TASK OBJECTIVE:
Your result should be every line of the records below that contains the word "which".

DATASET ENTRIES:
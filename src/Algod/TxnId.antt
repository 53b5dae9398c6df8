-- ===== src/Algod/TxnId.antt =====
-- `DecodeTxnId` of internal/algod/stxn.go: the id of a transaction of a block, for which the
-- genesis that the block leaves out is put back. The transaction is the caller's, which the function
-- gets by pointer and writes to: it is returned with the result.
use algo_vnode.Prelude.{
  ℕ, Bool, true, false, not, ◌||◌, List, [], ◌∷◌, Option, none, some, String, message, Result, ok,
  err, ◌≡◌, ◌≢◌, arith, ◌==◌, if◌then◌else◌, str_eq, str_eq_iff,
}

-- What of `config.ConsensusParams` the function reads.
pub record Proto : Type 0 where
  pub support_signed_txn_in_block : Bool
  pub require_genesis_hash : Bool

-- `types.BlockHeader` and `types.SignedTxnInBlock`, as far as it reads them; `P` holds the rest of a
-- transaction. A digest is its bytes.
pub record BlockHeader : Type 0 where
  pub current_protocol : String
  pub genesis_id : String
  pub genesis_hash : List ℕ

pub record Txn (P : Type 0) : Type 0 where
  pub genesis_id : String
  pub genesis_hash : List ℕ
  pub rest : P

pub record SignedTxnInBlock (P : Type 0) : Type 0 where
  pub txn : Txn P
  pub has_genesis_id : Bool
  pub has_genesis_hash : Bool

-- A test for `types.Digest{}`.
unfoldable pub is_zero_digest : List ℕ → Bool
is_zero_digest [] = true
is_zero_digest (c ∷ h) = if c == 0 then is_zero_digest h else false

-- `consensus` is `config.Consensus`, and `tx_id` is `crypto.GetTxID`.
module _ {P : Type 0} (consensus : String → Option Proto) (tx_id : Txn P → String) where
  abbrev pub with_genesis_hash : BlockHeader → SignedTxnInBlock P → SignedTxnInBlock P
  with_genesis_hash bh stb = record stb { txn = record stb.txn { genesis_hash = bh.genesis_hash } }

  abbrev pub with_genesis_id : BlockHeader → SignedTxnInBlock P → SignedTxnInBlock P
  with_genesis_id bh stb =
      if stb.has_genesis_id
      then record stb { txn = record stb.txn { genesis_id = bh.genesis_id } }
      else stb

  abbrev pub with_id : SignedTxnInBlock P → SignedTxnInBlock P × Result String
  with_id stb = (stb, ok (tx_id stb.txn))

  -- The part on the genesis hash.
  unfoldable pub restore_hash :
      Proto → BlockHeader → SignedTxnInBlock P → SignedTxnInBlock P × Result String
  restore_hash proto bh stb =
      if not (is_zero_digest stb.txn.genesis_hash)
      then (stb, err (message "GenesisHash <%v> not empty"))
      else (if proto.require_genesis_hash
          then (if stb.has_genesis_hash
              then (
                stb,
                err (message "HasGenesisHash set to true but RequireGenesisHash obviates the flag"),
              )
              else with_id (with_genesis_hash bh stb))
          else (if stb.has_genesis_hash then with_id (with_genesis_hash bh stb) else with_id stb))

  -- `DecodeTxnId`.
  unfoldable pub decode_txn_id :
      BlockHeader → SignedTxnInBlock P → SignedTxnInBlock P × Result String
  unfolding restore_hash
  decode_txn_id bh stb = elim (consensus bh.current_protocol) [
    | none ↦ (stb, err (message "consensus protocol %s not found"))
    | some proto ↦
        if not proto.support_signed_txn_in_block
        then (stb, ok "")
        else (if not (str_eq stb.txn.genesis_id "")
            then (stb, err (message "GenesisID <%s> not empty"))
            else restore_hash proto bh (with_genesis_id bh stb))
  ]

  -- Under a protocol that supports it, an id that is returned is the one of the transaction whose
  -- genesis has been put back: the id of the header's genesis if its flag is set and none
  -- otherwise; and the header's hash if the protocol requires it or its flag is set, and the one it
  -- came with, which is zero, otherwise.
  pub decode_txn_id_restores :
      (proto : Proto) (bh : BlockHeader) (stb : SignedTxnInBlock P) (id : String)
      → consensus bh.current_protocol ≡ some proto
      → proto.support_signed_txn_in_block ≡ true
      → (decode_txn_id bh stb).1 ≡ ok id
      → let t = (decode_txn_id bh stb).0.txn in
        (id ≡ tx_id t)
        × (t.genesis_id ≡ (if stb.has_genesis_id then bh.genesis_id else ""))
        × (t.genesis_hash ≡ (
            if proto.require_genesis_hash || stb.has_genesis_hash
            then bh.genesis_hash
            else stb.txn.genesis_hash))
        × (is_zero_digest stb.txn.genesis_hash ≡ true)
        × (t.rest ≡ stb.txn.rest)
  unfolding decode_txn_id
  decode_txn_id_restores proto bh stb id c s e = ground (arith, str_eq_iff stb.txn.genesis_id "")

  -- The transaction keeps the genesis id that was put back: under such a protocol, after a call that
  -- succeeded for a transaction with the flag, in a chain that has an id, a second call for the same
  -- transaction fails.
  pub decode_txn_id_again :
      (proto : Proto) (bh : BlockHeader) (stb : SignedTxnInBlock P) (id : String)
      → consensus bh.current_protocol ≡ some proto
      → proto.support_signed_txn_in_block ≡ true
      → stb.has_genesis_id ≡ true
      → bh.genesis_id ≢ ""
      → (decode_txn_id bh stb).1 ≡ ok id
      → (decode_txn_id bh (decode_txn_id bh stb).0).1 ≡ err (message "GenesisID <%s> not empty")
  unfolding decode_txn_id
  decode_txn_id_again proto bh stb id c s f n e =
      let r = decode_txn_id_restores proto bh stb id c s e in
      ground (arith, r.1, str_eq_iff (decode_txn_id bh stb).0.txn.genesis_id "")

TASK OUTPUT:
-- `DecodeTxnId` of internal/algod/stxn.go: the id of a transaction of a block, for which the
-- genesis that the block leaves out is put back. The transaction is the caller's, which the function
  -- came with, which is zero, otherwise.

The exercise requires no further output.